The simple answer to this question is... No, you cannot turn fat into muscle.

Why?   Fat is a fuel source which we take in through our diets and either; convert and use for energy once we have used up all our primary energy fuel source of carbohydrate stores, or, we store fat and it forms insulation and protection. Muscle is an active living tissue and it is made up of proteins which are chains of amino acids. These proteins come together to form our skeletal muscles and these burn energy constantly whether we are awake or asleep. Which you can relate to one of our earlier blogs on which form of exercise is better for burning fat? (Is weight Training or Cardiovascular Training Better for Weight Loss?)

Ask yourself this... if fat could be turned into muscle, why do we store it as fat and not store it as muscle?

If this has raised questions as to why then does it appear the opposite happens when we suffer an injury or when muscles are inactive we can lose muscle mass and gain fat, isn’t this the opposite effect, muscle turning into fat?

When we lose muscle mass (atrophy) it is in most cases due to inactivity of the muscle(s) whether that be through injury or immobilisation and not being placed under tension or stressed which force the fibres to tear and repair itself (protein synthesis) which enables us to maintain the mass or even grow (hypertrophy). The amount of muscle mass lost will differ dependant on the muscle group and the condition of that muscle prior to disuse. So what can you do to prevent muscle atrophy during a period of immobilisation? Studies have shown that if possible continuing to train the non injured or affected limb can reduce the muscle atrophy in the affected limb by considerable amounts of some studies shown to be 20%.

For example if you are a football or rugby player and suffer a broken leg/ankle, during your rehab period if you continued with some heavy strength training with the health leg such as single leg press, single leg squats, single leg Romanian deadlift etc. (Thereby using the biggest group of muscles) you can slow down the amount of atrophy in the injured immobilised limb. Again the atrophy percentages will differ and dependant of the severity of injury rates of recovery will differ.

So to address the second question raised why do we gain fat and lose muscle? Storing fat is our bodies way of saying we have no use for it at the present time usually we are not doing enough moving/exercise to burn the amount of fat that we intake and therefore this can snowball into not enough exercise can lead to a less efficient metabolism and therefore less able to burn the amounts of fat we would like versus the amount we are taking in.

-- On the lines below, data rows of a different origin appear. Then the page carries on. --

-- ===== src/Auth/Registered.antt =====
-- services/auth-service/internal/application/service.go: what `Register` leaves, and the login after it.
use holdem.Prelude.{
  ◌≡◌, refl, sym, ap, ◌∙◌, subst, ℕ, Bool, true, false, ◌&&◌, ◌||◌, not, ltb, Bool-cases, inl, inr,
  some, List, [], ◌∷◌, keep_if, length, ok, arith,
}
use holdem.Prelude.Text.{Bytes, bytes_eq_refl, to_lower, lower_byte, trim_space}
use holdem.Auth.{User, Credential, Db, Env, publish_created}
use holdem.Auth.Repository.{
  joined, login_row, create_user, create_refresh_session, find_user_with_password_by_email,
}
use holdem.Auth.Service.{
  Library, AuthResult, normalize_email, is_valid_email, is_admin_email, new_id, new_token,
  publish_user, issue_session, register, login,
}
use holdem.Database.{IsHealthy, return, query, find_row, ◌>>=◌}
use holdem.Database.Inversion.{went, >>=-Went, insert_row-ok, with_tx-ok, not_failed, ok_value}

-- the tables after `CreateUser`
abbrev pub created_db : User → Bytes → Db → Db
created_db u hash db = record db {
  users = u ∷ db.users;
  credentials = record { user_id = u.id; password_hash = hash } ∷ db.credentials;
}

create_user-ok :
    (env : Env) (u : User) (hash : Bytes) (db : Db) {v : Unit {0}}
    → (create_user env u hash db).0 ≡ ok v
    → (create_user env u hash db).1 ≡ created_db u hash db
unfolding create_user
create_user-ok env u hash db h =
    let body = with_tx-ok env _ db h in
    ap (λ x. x.1) body ∙ (elim (>>=-Went _ _ db (ap (λ x. x.0) (sym body) ∙ h)) [
      | went v between inserts goes ends ↦
          let first = sym inserts ∙ insert_row-ok env _ _ _ _ db (ap (λ x. x.0) inserts) in
          ap (λ x. x.1) (goes ∙ insert_row-ok env _ _ _ _ between ends)
          ∙ ap
              (λ x. record x.1 {
                credentials = record { user_id = u.id; password_hash = hash } ∷ x.1.credentials;
              })
              first
    ])

-- the accounts of two states are the same
pub record SameAccounts (db db' : Db) : Type 0 where
  pub same_users : db'.users ≡ db.users
  pub same_credentials : db'.credentials ≡ db.credentials

publish_user-SameAccounts :
    (env : Env) (b : Bool) (u : User) (db : Db) → SameAccounts db (publish_user env b u db).1
unfolding publish_user
publish_user-SameAccounts env b u db = elim (Bool-cases (b && not (env.fails publish_created db))) [
  | inl taken ↦ rw taken (record { same_users = refl; same_credentials = refl })
  | inr dropped ↦ rw dropped (record { same_users = refl; same_credentials = refl })
]

-- A session that is issued is the user's, and leaves the accounts.
issue_session-ok :
    (lib : Library) (env : Env) (u : User) (db : Db) (r : AuthResult)
    → (issue_session lib env u db).0 ≡ ok r
    → (r.user ≡ u) × SameAccounts db (issue_session lib env u db).1
unfolding issue_session return new_token new_id create_refresh_session
issue_session-ok lib env u db r h = elim (>>=-Went _ _ db h) [
  | went access db1 issues goes1 h ↦ elim (>>=-Went _ _ db1 h) [
    | went fresh db2 makes goes2 h ↦ elim (>>=-Went _ _ db2 h) [
      | went id db3 ids goes3 h ↦ elim (>>=-Went _ _ db3 h) [
        | went v after inserts goes4 ends ↦
            let same : db3 ≡ db =
              sym (ap (λ x. x.1) ids) ∙ (sym (ap (λ x. x.1) makes) ∙ sym (ap (λ x. x.1) issues)) in
            let row = sym inserts ∙ insert_row-ok env _ _ _ _ db3 (ap (λ x. x.0) inserts) in
            let there = ap (λ x. x.1) (goes1 ∙ (goes2 ∙ (goes3 ∙ goes4))) ∙ ap (λ x. x.1) row in
            (
              ap (λ x. x.user) (sym (ok_value ends)),
              record {
                same_users = ap (λ d. d.users) there ∙ ap (λ d. d.users) same;
                same_credentials = ap (λ d. d.credentials) there ∙ ap (λ d. d.credentials) same;
              },
            )
      ]
    ]
  ]
]

-- What `Register` leaves: a user with the normalized email, whom the configuration makes an admin or not, and the
-- hash of the password.
pub record Registered (lib : Library) (admins : List Bytes) (mail password : Bytes) (before : Db)
    (user : User) (after : Db) : Type 0 where
  pub password_hash : Bytes
  pub hashed : lib.hash_password password ≡ ok password_hash
  pub valid : is_valid_email (normalize_email mail) ≡ true
  pub long_enough : ltb (length password) 8 ≡ false
  pub of_email : user.email ≡ normalize_email mail
  pub admin : user.is_admin ≡ is_admin_email admins (normalize_email mail)
  pub with_user : after.users ≡ user ∷ before.users
  pub with_credential :
      after.credentials
      ≡ record { user_id = user.id; password_hash = password_hash } ∷ before.credentials

pub register-Registered :
    (lib : Library) (env : Env) (admins : List Bytes) (publishes : Bool) (mail password : Bytes)
    (db : Db) (r : AuthResult)
    → (register lib env admins publishes mail password db).0 ≡ ok r
    → Registered lib admins mail password db r.user
        (register lib env admins publishes mail password db).1
unfolding register return new_id
register-Registered lib env admins publishes mail password db r h = elim (>>=-Went _ _ db h) [
  | went _ db0 checks goes0 h ↦
      let (valid, long) =
        either (is_valid_email (normalize_email mail)) (ltb (length password) 8)
          (not_failed _ _ (ap (λ x. x.0) checks)) in
      elim (>>=-Went _ _ db0 h) [
        | went hash db1 hashes goes1 h ↦ elim (>>=-Went _ _ db1 h) [
          | went id db2 ids goes2 h ↦ elim (>>=-Went _ _ db2 h) [
            | went u db3 names goes3 h ↦ elim (>>=-Went _ _ db3 h) [
              | went _ db4 creates goes4 h ↦ elim (>>=-Went _ _ db4 h) [
                | went _ db5 announces goes5 h ↦
                    let (of_result, issued) = issue_session-ok lib env u db5 r h in
                    let is_user = ok_value (ap (λ x. x.0) names) in
                    let start : db3 ≡ db =
                      sym (ap (λ x. x.1) names)
                      ∙ (sym (ap (λ x. x.1) ids)
                          ∙ (sym (ap (λ x. x.1) hashes) ∙ sym (ap (λ x. x.1) checks))) in
                    let created : db4 ≡ created_db u hash db =
                      sym (ap (λ x. x.1) creates)
                      ∙ (create_user-ok env u hash db3 (ap (λ x. x.0) creates)
                          ∙ ap (created_db u hash) start) in
                    let announced : SameAccounts db4 db5 =
                      subst (SameAccounts db4) (ap (λ x. x.1) announces)
                        (publish_user-SameAccounts env publishes u db4) in
                    let after =
                      ap (λ x. x.1) (goes0 ∙ (goes1 ∙ (goes2 ∙ (goes3 ∙ (goes4 ∙ goes5))))) in
                    subst
                      (λ v.
                        Registered lib admins mail password db v
                          (register lib env admins publishes mail password db).1)
                      (sym of_result)
                      (record {
                        password_hash = hash;
                        hashed = ap (λ x. x.0) hashes;
                        valid = valid;
                        long_enough = long;
                        of_email = ap (λ x. x.email) (sym is_user);
                        admin = ap (λ x. x.is_admin) (sym is_user);
                        with_user =
                            ap (λ d. d.users) after
                            ∙ (issued.same_users
                                ∙ (announced.same_users ∙ ap (λ d. d.users) created));
                        with_credential =
                            ap (λ d. d.credentials) after
                            ∙ (issued.same_credentials
                                ∙ (announced.same_credentials ∙ ap (λ d. d.credentials) created));
                      })
              ]
            ]
          ]
        ]
      ]
]
  where
    either : (a b : Bool) → (not a || b) ≡ false → (a ≡ true) × (b ≡ false)
    either true b e = (refl, e)
    either false b e = cc

lower_byte-twice : (b : ℕ) → lower_byte (lower_byte b) ≡ lower_byte b
unfolding lower_byte
lower_byte-twice b = ground arith

to_lower-twice : (s : Bytes) → to_lower (to_lower s) ≡ to_lower s
unfolding to_lower
to_lower-twice [] = refl
to_lower-twice (b ∷ s) = rw (lower_byte-twice b) (ap (λ l. lower_byte b ∷ l) (to_lower-twice s))

-- The newest user is found by the email.
login_row-new :
    (u : User) (hash : Bytes) (db after : Db)
    → after.users ≡ u ∷ db.users
    → after.credentials ≡ record { user_id = u.id; password_hash = hash } ∷ db.credentials
    → login_row u.email after ≡ some (u, record { user_id = u.id; password_hash = hash })
login_row-new u hash db after users credentials =
    rw
      (
        login_row,
        users,
        credentials,
        joined,
        keep_if,
        bytes_eq_refl u.id,
        find_row,
        bytes_eq_refl u.email,
      )
      refl

find_user_with_password_by_email-run :
    (env : Env)
    → IsHealthy env
    → (e : Bytes) (db : Db) {x : User × Credential} → login_row (to_lower e) db ≡ some x
    → find_user_with_password_by_email env e db
      ≡ (ok (record { user = x.0; password_hash = x.1.password_hash }), db)
unfolding find_user_with_password_by_email return ◌>>=◌ query
find_user_with_password_by_email-run env healthy e db there = rw (healthy.runs _ _, there) refl

-- After a registration, a login with the password and an email that is the same but for letter case and spaces comes to the
-- user, and ends as the session that is issued.
pub login-register :
    (lib : Library) (env env' : Env) (admins : List Bytes) (publishes : Bool)
    (mail mail' password : Bytes) (db : Db) (r : AuthResult)
    → IsHealthy env'
    → ((hash : Bytes)
        → lib.hash_password password ≡ ok hash
        → lib.check_password hash password ≡ true)
    → normalize_email mail' ≡ normalize_email mail
    → (register lib env admins publishes mail password db).0 ≡ ok r
    → login lib env' mail' password (register lib env admins publishes mail password db).1
      ≡ issue_session lib env' r.user (register lib env admins publishes mail password db).1
unfolding login return normalize_email ◌>>=◌
login-register lib env env' admins publishes mail mail' password db r healthy checks same h =
    let made = register-Registered lib env admins publishes mail password db r h in
    let after = (register lib env admins publishes mail password db).1 in
    let lower : to_lower (normalize_email mail') ≡ r.user.email =
      to_lower-twice (trim_space mail') ∙ (same ∙ sym made.of_email) in
    let row =
      ap (λ e. login_row e after) lower
      ∙ login_row-new r.user made.password_hash db after made.with_user made.with_credential in
    rw
      (
        find_user_with_password_by_email-run env' healthy (normalize_email mail') after row,
        checks made.password_hash made.hashed,
      )
      refl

In summary to minimise negative transformations during periods of immobilization of losing muscle and gaining fat we need to focus on maintaining healthy muscle mass through regular weight bearing activities and being aware of how much fat we are taking in (minimising the effects of muscles atrophy) and at the same time the negative impact gaining more body fat whilst being immobile and the reason behind when we start to gain muscle we don’t transform the fat into muscle, we grow and strengthen the muscle we already have and the more muscle mass we gain the more energy we can potentially burn as long as we put our muscles through enough physical, energy spending movements.